Glance + SSL - Image download errors
Affects | Status | Importance | Assigned to | Milestone | |
---|---|---|---|---|---|
| Glance |
Undecided
|
Unassigned |
Bug Description
Hello,
I have a latest stable havana (2013.2.3) openstack setup and I am noticing issues occasionally when downloading new backing files for vm's to compute nodes. I will occasionally end up with vm's that are stuck spawning, upon investigation I can see the backing file under /var/nova/
I have managed to create some scripts that will replicate the issue multiple ways. The image files that I have been testing with are 8.8gb, 8.6gb and a large 60gb image (however another larger 8gb image would also duplicate the issue).
The first script: https:/
Will take the image files that you give it and will deploy a vm per image file to the compute node that you have specified. With SSL enabled typically only 1 VM will ever boot successfully. Errors here will range from failed (md5sum mismatches) image downloads to backing files that are only partially downloaded. To narrow down the issue I switched over to using the glance client to do image downloads.
The second script: https:/
Will take the images specified on the command line and run the glance image-download command in a parallel bash subshell. This script removes nova from the mix. However, errors seen here are the same as what I have seen with the first script.
The thrid script: https:/
Uses: https:/
With all the scripts, and after a lot of testing I have found that this issue is 100% re-producible when trying to download 3 images at the same time. But I have also noticed in production that this issue happens when only downloading a single image on a compute node.
Kris Lindgren (klindgren) wrote : | #1 |
Kris Lindgren (klindgren) wrote : | #2 |
I offloaded SSL on to haproxy for glance-api and disabled ssl in the glance-api.conf. After doing this I was able to successfully download glance images using the stock glance client without any issue. So the problem appears to be in the glance server side of things. I have attached the output of a pip freeze to make it easy to see what python module versions are at. As I mentioned above I updated to the latest versions of: eventlet, greenlet, pyOpenssl, cryptography and this issue still persisted.

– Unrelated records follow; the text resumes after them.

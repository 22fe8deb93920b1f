-- ===== src/Connectors/Chatgpt/Located.antt =====
-- Texts that are one component of a path.
use Prim.Native.Char.{code}
use Prim.Native.String.append
use memapp.Prelude.{
  ℕ, String, ◌≡◌, refl, inl, inr, Bool, true, false, not, ◌&&◌, List, [], ◌∷◌, ◌++◌, arith, ◌==◌,
  eq_iff, leb, eqb, Bool-cases, and_true, length, all, take, All, All-weaken,
}
use memapp.Prelude.Texts.{◌<>◌, codes, front_piece}
use memapp.Enums.{before_final_newline}
use memapp.Connectors.Chatgpt.Exports.{
  FilePath, is_alnum, is_owner_char, owner_chars, safe_owner, is_named, starts_at_root, join_path,
  ends_with,
}

abbrev pub NoSlash : String → Type 0
NoSlash s = All (λ c. eqb c b'/' ≡ false) (codes s)

abbrev starts_alnum : String → Bool
starts_alnum String.[] = false
starts_alnum (String.◌∷◌ c s) = is_alnum (code c)

module _ {κ} (P : ℕ → Type κ) where
  before_final_newline-All : (cs : List ℕ) → P 10 → All P (before_final_newline cs) → All P cs
  before_final_newline-All [] h hs = tt
  before_final_newline-All (c ∷ []) h hs = elim (Bool-cases (eqb c 10)) [
    | inl e ↦ let same : c ≡ 10 = ground arith in (rw same h, tt)
    | inr e ↦ rw e at hs
  ]
  before_final_newline-All (c ∷ d ∷ cs) h hs = (hs.0, before_final_newline-All (d ∷ cs) h hs.1)

owner_char-eqb : (c : ℕ) → is_owner_char c ≡ true → eqb c b'/' ≡ false
owner_char-eqb c h = ground arith

all-All : (p : ℕ → Bool) (cs : List ℕ) → all p cs ≡ true → All (λ c. p c ≡ true) cs
all-All p [] h = tt
all-All p (c ∷ cs) h = let (hc, rest) = and_true (p c) (all p cs) h in (hc, all-All p cs rest)

owner_chars-All : (cs : List ℕ) → owner_chars cs ≡ true → All (λ c. eqb c b'/' ≡ false) cs
owner_chars-All [] h = tt
owner_chars-All (c ∷ cs) h =
    let (first_char, others) =
      and_true (is_alnum c) (all is_owner_char cs && leb (length cs) 127) h in
    let (chars, few) = and_true (all is_owner_char cs) (leb (length cs) 127) others in
    (
      ground arith,
      All-weaken (λ c. is_owner_char c ≡ true) (λ c. eqb c b'/' ≡ false) cs owner_char-eqb
          (all-All is_owner_char cs chars),
    )

pub safe_owner-NoSlash : (s : String) → safe_owner s ≡ true → NoSlash s
unfolding safe_owner
safe_owner-NoSlash s h =
    before_final_newline-All (λ c. eqb c b'/' ≡ false) (codes s) refl
      (owner_chars-All (before_final_newline (codes s)) h)

front-alnum : (cs : List ℕ) → owner_chars cs ≡ true → all is_alnum (take 1 cs) ≡ true
front-alnum [] h = refl
front-alnum (c ∷ cs) h = ground arith

pub safe_owner-starts_alnum : (s : String) → safe_owner s ≡ true → starts_alnum s ≡ true
unfolding safe_owner
safe_owner-starts_alnum String.[] h = h
safe_owner-starts_alnum (String.◌∷◌ c String.[]) h = elim (Bool-cases (eqb (code c) 10)) [
  | inl e ↦ absurd (let never : false ≡ true = rw e at h in ground arith)
  | inr e ↦ (and_true (is_alnum (code c)) true (rw e at h)).0
]
safe_owner-starts_alnum (String.◌∷◌ c (String.◌∷◌ d s)) h = (and_true (is_alnum (code c)) _ h).0

pub append-NoSlash : (s t : String) → NoSlash s → NoSlash t → NoSlash (s <> t)
append-NoSlash String.[] t hs ht = rw (append.nil t) ht
append-NoSlash (String.◌∷◌ c s) t hs ht = rw (append.cons c s t) (hs.0, append-NoSlash s t hs.1 ht)

pub append-starts_alnum : (s t : String) → starts_alnum s ≡ true → starts_alnum (s <> t) ≡ true
append-starts_alnum String.[] t h = absurd (ground arith)
append-starts_alnum (String.◌∷◌ c s) t h = rw (append.cons c s t) h

front_piece-NoSlash : (s : String) → NoSlash s → front_piece b'/' s ≡ (s, [])
front_piece-NoSlash String.[] h = refl
front_piece-NoSlash (String.◌∷◌ c s) h = rw (h.0, front_piece-NoSlash s h.1)

-- Texts that a test tells apart are different.
apart : (p : String → Bool) (s t : String) → p s ≡ true → p t ≡ false → (s == t) ≡ false
apart p s t hs ht = elim (Bool-cases (s == t)) [
  | inl e ↦ let same = (eq_iff s t).0 e in let hs2 = rw same at hs in absurd (ground arith)
  | inr e ↦ e
]

starts_at_root-NoSlash : (s : String) → NoSlash s → starts_at_root s ≡ false
starts_at_root-NoSlash String.[] h = refl
starts_at_root-NoSlash (String.◌∷◌ c s) h = h.0

-- A text of one piece that starts with a letter or a digit
abbrev pub Clean : String → Type 0
Clean s = NoSlash s × (starts_alnum s ≡ true)

-- Such a text adds just itself to a path.
pub join_path-Clean :
    (path : FilePath) (s : String)
    → Clean s
    → join_path path s ≡ record { absolute = path.absolute; parts = path.parts ++ s ∷ [] }
unfolding join_path
join_path-Clean path s (one, start) = rw (
  starts_at_root-NoSlash s one,
  front_piece-NoSlash s one,
  apart starts_alnum s "" start refl,
  apart starts_alnum s "." start refl,
)

-- A component that leads downwards
abbrev pub goes_down : String → Bool
goes_down s = is_named s && not (s == "..")

pub Clean-goes_down : (s : String) → Clean s → goes_down s ≡ true
Clean-goes_down s (one, start) = rw (
  apart starts_alnum s "" start refl,
  apart starts_alnum s "." start refl,
  apart starts_alnum s ".." start refl,
)

pub ends_with-goes_down : (s : String) → ends_with ".zip" s ≡ true → goes_down s ≡ true
ends_with-goes_down s h = rw (
  apart (ends_with ".zip") s "" h refl,
  apart (ends_with ".zip") s "." h refl,
  apart (ends_with ".zip") s ".." h refl,
)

Mark Washenberger (markwash) wrote : | #3 |
Hi Kris,
Thanks for this report. I've been trying to reproduce this issue on devstack (it takes a little work but if you modify the glance endpoints in the keystone endpoints table, create a key and cert, and reconfigure glance to use them (cert_file and key_file)).
I'm not able to reproduce the problem using latest master, but I've only tested with 1 GB images.
Can you try again with the latest code, and possibly try to reproduce the problem on devstack?
Changed in glance: | |
status: | New → Incomplete |
Kris Lindgren (klindgren) wrote : | #4 |
Mark,
I haven't had time to work on this anymore. Since we moved to ssl termination at another layer everything is working fine. We upgraded to icehouse and with ssl termination in haproxy its still working without any issues. Saddly - I wont have anytime in the foreseeable future to revert the changes in any of my environments to test if the issue still exists. The only suggestion I would have is to use a larger image size. The issue was extremely reproducible with 3 concurrent transfers and a number of workers configured (in our case 40).
Barrow Kwan (barrowkwan) wrote : | #5 |
I am having same problem on Juno. When I turned on SSL and download image with size 80G, it stopped at around 64G. I tried other image with size less than 5G and they are ok. As soon as I turn off SSL, I can download that 80G image fine.
I should add some more detail about our setup. SSL is not being offloaded in any environment and is being handled via the glance-api and glance-registry services. We increased the number of workers to 40, to better handle multiple downloads/SSL overhead. In production we are using F5’s or A10’s for load balancing in our dev/test/stage environments we are using haproxy. The issue exists in all environments. Also, in testing it did not matter the number of glance-api servers we had in rotation. To simplify troubleshooting, I had disabled glance-api on all but one server. So most of the testing was done from a single compute node using multiple clients to a single glance-api instance (with 40 workers). To add some additional detail I am running on Centos 6.5, and I have already tried upgrading eventlet, greenlet, pyOpenSSL, pycryptography to their latest versions on both the client and the server and it did not help.
If we turn off ssl in glance-api and the client, then the 3 simultaneous downloads work without issue.